そんな彼女に、今日なんか特別な日だったっけ?と首を傾げて考えてみるものの思い当たるふしは何もなく。

何かを言いたそうにしてるのはわかるんだけど、滅多に見れない骸の挙動不審な態度を呑気に楽しんでいるうちに、いつのまにか陽も傾いていて、骸もどんどん落ち着かなくなって。


(いつでも話しかけられるようにと隙をいっぱい作ってるつもりなんだけどなあ…)



ちらちらとこちらを窺ったまま未だ何も言いださない骸に結局俺の方が根負けして。



「あの…さ。どうしたの?骸」



諦めてこちらから声をかけてみれば盛大に体をビクつかせた骸が恥ずかしそうに告げたのは



「夜、綱吉君の部屋に…、行きたいなあと、思いまして……。」



なんて、何をそんなに言いづらそうにしていたのかもわからないほど、今の俺達にとっては他愛のない内容。


あまりに他愛のない内容に思わず噴出せば



「クローム達に美味しいワインを貰ったので一緒に飲もうと思っただけです」



骸は真っ赤な顔でそう続けて、そわそわしながら俺の答えを待っている。

そんな、まるで付き合い始めた頃のような骸の態度に、今日はまたやけに可愛いなあなんて俺の機嫌が自然と上向くのは仕方がない。



「骸、もうお酒飲んで大丈夫なの?」

「…は、はい。そろそろ試してみようと思ってたので」

「じゃあ今日の夜は骸のお酒デビューを祝してお前の好きな料理デリバリーしてワイン飲もうか。」



そう提案すれば、何故か更に顔を赤くして頷く骸に不思議に思いながらも俺の機嫌は良くなるばかりで。



「じゃあ、僕はこれで……」



それが顔に出ていたのか、バツが悪そうに俺から視線を逸らして逃げるように部屋を出ていってしまった骸を見送った後、上機嫌で早速今晩のことに思いを巡らせる。

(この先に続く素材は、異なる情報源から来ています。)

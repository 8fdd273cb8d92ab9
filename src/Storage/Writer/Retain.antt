-- ===== src/Storage/Writer/Retain.antt =====
-- Entries that the EventWriter keeps and drops.
use open_covibe_web.Common.{
  ℕ, String, true, none, some, List, [], ◌∷◌, ◌≡◌, refl, arith, All, lookup, eq_iff,
}
use open_covibe_web.Storage.Writer.{is_held, retain}

abbrev pub Distinct : List (String × ℕ) → Type 0
Distinct [] = Unit
Distinct ((run, place) ∷ es) = (lookup run es ≡ none) × Distinct es

retain-none :
    (hs es : List (String × ℕ)) (run : String)
    → lookup run es ≡ none
    → lookup run (retain hs es) ≡ none
unfolding lookup
retain-none hs [] run e = refl
retain-none hs ((r, p) ∷ es) run e = ground (arith, retain-none hs es run)

pub retain-Distinct : (hs es : List (String × ℕ)) → Distinct es → Distinct (retain hs es)
retain-Distinct hs [] d = tt
retain-Distinct hs ((r, p) ∷ es) d =
    ground (arith, retain-none hs es r d.0, retain-Distinct hs es d.1)

pub retain-some :
    (hs es : List (String × ℕ)) (run : String) (place : ℕ)
    → Distinct es
    → lookup run (retain hs es) ≡ some place
    → lookup run es ≡ some place
unfolding lookup
retain-some hs [] run place d e = e
retain-some hs ((r, p) ∷ es) run place d e =
    ground (arith, retain-some hs es run place d.1, retain-none hs es run, d.0, eq_iff r run)

pub retain-held :
    (hs es : List (String × ℕ)) (run : String) (place : ℕ)
    → is_held hs place ≡ true
    → lookup run es ≡ some place
    → lookup run (retain hs es) ≡ some place
unfolding lookup
retain-held hs [] run place h e = e
retain-held hs ((r, p) ∷ es) run place h e = ground (arith, retain-held hs es run place h)

pub All-both {ℓ κ μ ν} :
    {A : Type ℓ} {P : A → Type κ} {Q : A → Type μ} {R : A → Type ν} (xs : List A)
    → ((x : A) → P x → Q x → R x)
    → All P xs
    → All Q xs
    → All R xs
All-both [] f p q = tt
All-both (x ∷ xs) f (p, ps) (q, qs) = (f x p q, All-both xs f ps qs)

pub all_held : (hs : List (String × ℕ)) → All (λ h. is_held hs (h.1) ≡ true) hs
all_held [] = tt
all_held ((run, place) ∷ hs) =
    (ground arith, All-both hs (λ h a b. ground (arith, a)) (all_held hs) (all_held hs))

(赤ワインか白ワインかどっちかか聞くの忘れちゃったから、どちらでも好いように料理を用意しておかないとなあ。)



骸につられて俺まで気分は付き合い始めた頃に戻ったようで、鼻歌なんて歌いながら考えを巡らせていたら




「何ニヤけてるのツナ」


「っわあああ!!」





突然間近で声をかけられて、数分前の骸のように盛大にビクついた。